組織に完全にフラットな関係性などない
今年の夏、全国のMBA生が勢揃いするコンペに出場しており、私のチームは、30代の社会人経験者2人、23~24歳の学生というチーム編成であった。このコンペは1ヶ月程度で今後10年程度の戦略を0からまとめねばならないというスケジュール的に厳しい戦いであった。その戦いを経て、わかったことがある。それは「組織に完全にフラットな関係など存在しないということである。」
我々のチームの社会人のはものすごく丁寧で優しい方々で、年が浅い我々に対して、かなり気を使って「〜くんはどう思う?」など聞いてくれていた。それによって発言すること自体は問題なくできていた。ところが、それだからといってフラットな関係であったとはあまり言えない。

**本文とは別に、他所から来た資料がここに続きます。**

-- ===== src/Webhooks/Crypto.antt =====
-- The signatures and the framing of callbacks, of backend/poi_admin/webhooks/crypto.py. UTF-8,
-- base64, hexadecimal digits and SHA-1 are the standard library's, AES the cipher library's.
pub mod Framing
use poi_hub.Base.{
  ℕ, ◌+◌, ◌-◌, ◌*◌, ◌^◌, String, Bool, true, false, not, Option, none, some, List, [], ◌∷◌, ◌++◌,
  ◌&&◌, ◌||◌, ◌==◌, eqb, leb, ltb, if◌then◌else◌,
}
use Prim.Native.Nat.{◌/◌, ◌%◌}
use Prim.Native.String.{compare}
use Prim.Native.Nat.Ordering.{lt}
use poi_hub.Base.Text.{concat, strip_text, text_length, codes}
use poi_hub.Base.Rows.{any, length, sort_by}
use poi_hub.Base.Bytes.{take, drop, replicate, last, same_bytes}

-- what the module uses of the libraries; none is an exception
pub record Codecs : Type 0 where
  pub utf8 : String → List ℕ
  pub of_utf8 : List ℕ → Option String
  pub base64 : List ℕ → String
  pub of_base64 : String → Option (List ℕ)
  pub of_hex : String → Option (List ℕ)
  pub sha1 : String → String
  -- AES-CBC under a key, whose first half is the initial vector
  pub aes : List ℕ → List ℕ → List ℕ
  pub of_aes : List ℕ → List ℕ → Option (List ℕ)

before : String → String → Bool
before a b = elim (compare a b) [ lt ↦ true | _ ↦ false ]

unfoldable joined : List String → String
unfolding concat
joined [] = ""
joined (s ∷ ss) = concat s (joined ss)

abbrev optional : Option String → List String
optional none = []
optional (some s) = s ∷ []

unfoldable pub is_ascii : String → Bool
is_ascii s = not (any (λ k. leb 128 k) (codes s))

-- `compare_digest`, which raises a `TypeError` for a text that is not ASCII
unfoldable pub compare_digest : String → String → Option Bool
unfolding is_ascii
compare_digest a b = if is_ascii a && is_ascii b then some (a == b) else none

-- `verify_signature`
unfoldable verify_signature :
    Codecs → String → String → String → String → Option String → Option Bool
unfolding joined before compare_digest
verify_signature c token timestamp nonce signature encrypt =
    compare_digest
      (c.sha1 (joined (sort_by before ((token ∷ timestamp ∷ nonce ∷ []) ++ optional encrypt))))
      signature

abbrev option_bind : {A B : Type 0} → Option A → (A → Option B) → Option B
option_bind none f = none
option_bind (some a) f = f a

of_length : ℕ → List ℕ → Option (List ℕ)
of_length n xs = if eqb (length xs) n then some xs else none

-- the key of 32 bytes in base64 without its padding
unfoldable base64_key : Codecs → String → Option (List ℕ)
unfolding concat of_length
base64_key c s = option_bind (c.of_base64 (concat s "=")) (of_length 32)

-- `_key`: 64 hexadecimal digits, or base64
unfoldable pub key_of : Codecs → String → Option (List ℕ)
unfolding strip_text base64_key
key_of c value =
    let candidate = strip_text value in
    if eqb (text_length candidate) 64
    then elim (c.of_hex candidate) [ some k ↦ some k | none ↦ base64_key c candidate ]
    else base64_key c candidate

-- `value[-n:]` and `value[:-n]`
abbrev last_bytes : ℕ → List ℕ → List ℕ
last_bytes n xs = drop (length xs - n) xs

abbrev without_last : ℕ → List ℕ → List ℕ
without_last n xs = take (length xs - n) xs

-- `_unpad`
unfoldable pub unpad : List ℕ → Option (List ℕ)
unpad value = elim (last value) [
  | none ↦ none
  | some size ↦
      if ltb size 1 || ltb 32 size || not (same_bytes (last_bytes size value) (replicate size size))
      then none
      else some (without_last size value)
]

-- `raw + bytes([pad]) * pad`
unfoldable pub padded : List ℕ → List ℕ
padded raw = let pad = 32 - length raw % 32 in raw ++ replicate pad pad

-- `struct.pack("!I", n)`
unfoldable pub pack : ℕ → List ℕ
pack n = n / 2 ^ 24 ∷ n / 2 ^ 16 % 256 ∷ n / 2 ^ 8 % 256 ∷ n % 256 ∷ []

-- `struct.unpack("!I", bytes)[0]`, of four bytes
unfoldable pub unpack : List ℕ → ℕ
unpack (a ∷ b ∷ c ∷ d ∷ _) = a * 2 ^ 24 + b * 2 ^ 16 + c * 2 ^ 8 + d
unpack _ = 0

-- a message with its length, and the application that it is for
unfoldable pub frame : List ℕ → List ℕ → List ℕ → List ℕ
unfolding pack
frame random message app_id = random ++ (pack (length message) ++ (message ++ app_id))

-- `encrypt_message`; `random` is what `os.urandom(16)` gives, and a message of 2^32 bytes raises
unfoldable pub encrypt_message : Codecs → List ℕ → String → String → String → Option String
unfolding key_of frame padded
encrypt_message c random message aes_key app_id = elim (key_of c aes_key) [
  | none ↦ none
  | some key ↦
      if leb (2 ^ 32) (length (c.utf8 message))
      then none
      else some (c.base64 (c.aes key (padded (frame random (c.utf8 message) (c.utf8 app_id)))))
]

-- the message of a frame, and the application
unfoldable pub unframe : List ℕ → Option (List ℕ × List ℕ)
unfolding unpack
unframe f =
    let end' = 20 + unpack (take 4 (drop 16 f)) in
    if ltb (length f) 20
    then none
    else if ltb (length f) end'
    then none
    else some (take (end' - 20) (drop 20 f), drop end' f)

-- `decrypt_message`; every exception is a `ValueError` in the end
unfoldable pub decrypt_message : Codecs → String → String → String → Option String
unfolding key_of unpad unframe compare_digest
decrypt_message c encrypted aes_key app_id = option_bind (key_of c aes_key) λ key.
    option_bind (c.of_base64 encrypted) λ ciphertext. option_bind (c.of_aes key ciphertext) λ plain.
      option_bind (unpad plain) λ f. option_bind (unframe f) λ parts.
        option_bind (c.of_utf8 parts.0) λ message. option_bind (c.of_utf8 parts.1) λ embedded.
          option_bind (compare_digest embedded app_id) λ same. if same then some message else none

私がそれを強く実感したシーンは2つある。まず1つ目は、意思決定の瞬間であった。議論がぶつかり、「AとBどっちにするのか」みたいな瞬間がある。そしてAかBかを論理的に判断できないときは、直感的に決めざるを得ないときが多々あった。そのときに、ほぼ100%の確率で年長者の意見が取り入れられていった。次に2つ目は全体の議論のリードである。全体の議論は、年長者がリードすることが多かった。その影響もあり、「今日はこの辺にして次回までに考えませんか??」みたいな発言を若者がすることはかなり難しく、ダラダラと延長するシーンもあった。
一見すると雰囲気がいい組織でそこそこ活発な意見交換が行われていても、意思決定や全体のリードには個人のパワーが色濃く出た。これはどのような組織でも同じであり、フラットな関係性などあり得ないのだろう。そして、組織のパフォーマンスを決めるのは結局はパワーを持つ人の判断力に委ねられると痛感した。